◆ **ACTIVITY**
Only a number is wanted here: how many lines in the entries below contain the word "update".
┌──
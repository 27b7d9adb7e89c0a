-- ===== src/Examples/Queues.antt =====
-- Examples of the theorems on the queue, its scheduler and its worker.
use vvz_lmrs.Prelude.{ℕ, ◌≡◌, refl, true, false, ◌&&◌, List, [], ◌∷◌, ◌++◌, In, All, Result, ok}
use vvz_lmrs.Prelude.Int.{ℤ, pos}
use vvz_lmrs.Queue.{QueueEntry, is_candidate, key_ltb, largest, largest_fit_scheduler, dispatch}
use vvz_lmrs.Queue.Schedule.{scheduler_best}
use vvz_lmrs.Queue.Dispatch.{Dispatched, dispatch_once}
use vvz_lmrs.Examples.Data.{small, large, waiting}

scheduler_best_example :
    In small (small ∷ large ∷ [])
    × (is_candidate (pos 200) small ≡ true)
    × All (λ e. (is_candidate (pos 200) e && key_ltb small e) ≡ false) (small ∷ large ∷ [])
scheduler_best_example =
    scheduler_best (pos 200) (small ∷ large ∷ []) small
      (unfold largest_fit_scheduler is_candidate largest in refl)

-- A world that is the list of what was handed over, on a card with 200 bytes to spare.
abbrev read_capacity : List QueueEntry → Result ℤ × List QueueEntry
read_capacity log = (ok (pos 200), log)

abbrev hand_over : QueueEntry → List QueueEntry → Result ℕ × List QueueEntry
hand_over e log = (ok 0, log ++ e ∷ [])

dispatch_once_example :
    Dispatched
      (λ log. log)
      read_capacity
      hand_over
      (λ s. refl)
      (λ e s. refl)
      waiting
      []
      (dispatch read_capacity hand_over waiting [])
dispatch_once_example =
    dispatch_once (λ log. log) read_capacity hand_over (λ s. refl) (λ e s. refl) waiting []
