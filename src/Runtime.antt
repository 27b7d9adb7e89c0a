-- ===== src/Runtime.antt =====
-- lmrs/runtime_client.py: VLLMOpenAIClient, the HTTP request being a parameter.
pub mod Payload
pub mod Execution
pub mod Executor
pub mod Failures
use vvz_lmrs.Prelude.{
  ℕ, suc, String, Bool, true, false, ◌||◌, ◌==◌, Option, none, some, List, [], ◌∷◌, Result, ok, err,
  type_error, ◌>>=◌, or_else, if◌then◌else◌,
}
use vvz_lmrs.Prelude.Int.{ℤ, pos, ◌+ℤ◌}
use vvz_lmrs.Prelude.Dict.{Dict, update, insert}
use vvz_lmrs.Prelude.Value.{Value, Items, Fields}
use vvz_lmrs.Lifecycle.{ProbeResult}
use vvz_lmrs.Manager.Probe.{get}
use vvz_lmrs.ModelCache.Snapshots.{elem}

-- `_json_request` takes a method, a path and a body, and returns an object or raises.
pub record VllmClient : Type 0 where
  pub base_url : String
  pub json_request : String → String → Option (Dict Value) → Result Fields

-- The texts under `id` of the objects of a list.
unfoldable pub id_of : Value → Option Value
unfolding get
id_of (Value.dict item) = get "id" item
id_of _ = none

unfoldable pub served_ids : Items → List String
unfolding id_of
served_ids Items.nil = []
served_ids (Items.cons item items) = elim (id_of item) [
  | some (Value.text s) ↦ s ∷ served_ids items
  | _ ↦ served_ids items
]

unfoldable pub served_of : Option Value → List String
unfolding served_ids
served_of (some (Value.list items)) = served_ids items
served_of _ = []

abbrev probe_of : VllmClient → Bool → List String → Option String → ProbeResult
probe_of client ok_flag models error = record {
  is_ok = ok_flag;
  served_models = models;
  metadata = some (("base_url", Value.text client.base_url) ∷ []);
  error = error;
}

unfoldable pub listing : VllmClient → Result Fields → ProbeResult
unfolding get served_of
listing client (err raised) = probe_of client false [] (some raised.message)
listing client (ok payload) = probe_of client true (served_of (get "data" payload)) none

unfoldable pub list_models : VllmClient → ProbeResult
unfolding listing
list_models client = listing client (client.json_request "GET" "/v1/models" none)

unfoldable pub served_among : String → ProbeResult → ProbeResult
unfolding elem
served_among model_name result =
    if result.is_ok
    then record result {
      is_ok = elem model_name result.served_models;
      error =
          if elem model_name result.served_models
          then none
          else some "model is not reported by vLLM /v1/models";
    }
    else result

unfoldable pub is_model_served : VllmClient → String → ProbeResult
unfolding served_among list_models
is_model_served client model_name = served_among model_name (list_models client)

-- The first option that names a parameter of `chat_completion`, which Python then refuses.
unfoldable pub named_twice : Dict Value → Option String
unfolding elem
named_twice [] = none
named_twice ((k, v) ∷ options) =
    if elem k ("self" ∷ "model_name" ∷ "messages" ∷ []) then some k else named_twice options

unfoldable pub completion_body : String → Value → Dict Value → Dict Value
unfolding update
completion_body model_name messages options =
    update (("model", Value.text model_name) ∷ ("messages", messages) ∷ []) options

-- the message of the refusal leaves the names out
unfoldable pub chat_completion : VllmClient → String → Value → Dict Value → Result Fields
unfolding named_twice completion_body
chat_completion client model_name messages options = elim (named_twice options) [
  | some _ ↦ err (type_error "chat_completion() got multiple values for an argument")
  | none ↦
      client.json_request "POST" "/v1/chat/completions"
        (some (completion_body model_name messages options))
]

unfoldable pub length_of : Items → ℤ
length_of Items.nil = pos 0
length_of (Items.cons _ items) = pos 1 +ℤ length_of items

unfoldable pub token_count : Fields → Option ℤ
unfolding get length_of
token_count payload = elim (get "count" payload) [
  | some (Value.int n) ↦ some n
  | some (Value.bool true) ↦ some (pos 1)
  | some (Value.bool false) ↦ some (pos 0)
  | _ ↦ elim (get "tokens" payload) [
    | some (Value.list tokens) ↦ some (length_of tokens)
    | _ ↦ none
  ]
]

unfoldable pub counted : Result Fields → Option ℤ
unfolding token_count
counted (err _) = none
counted (ok payload) = token_count payload

unfoldable pub count_prompt_tokens : VllmClient → String → Value → Option ℤ
unfolding counted
count_prompt_tokens client model_name messages = counted (
    client.json_request "POST" "/tokenize"
      (some (("model", Value.text model_name) ∷ ("messages", messages) ∷ [])))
└──
◆ **SOLUTION**
3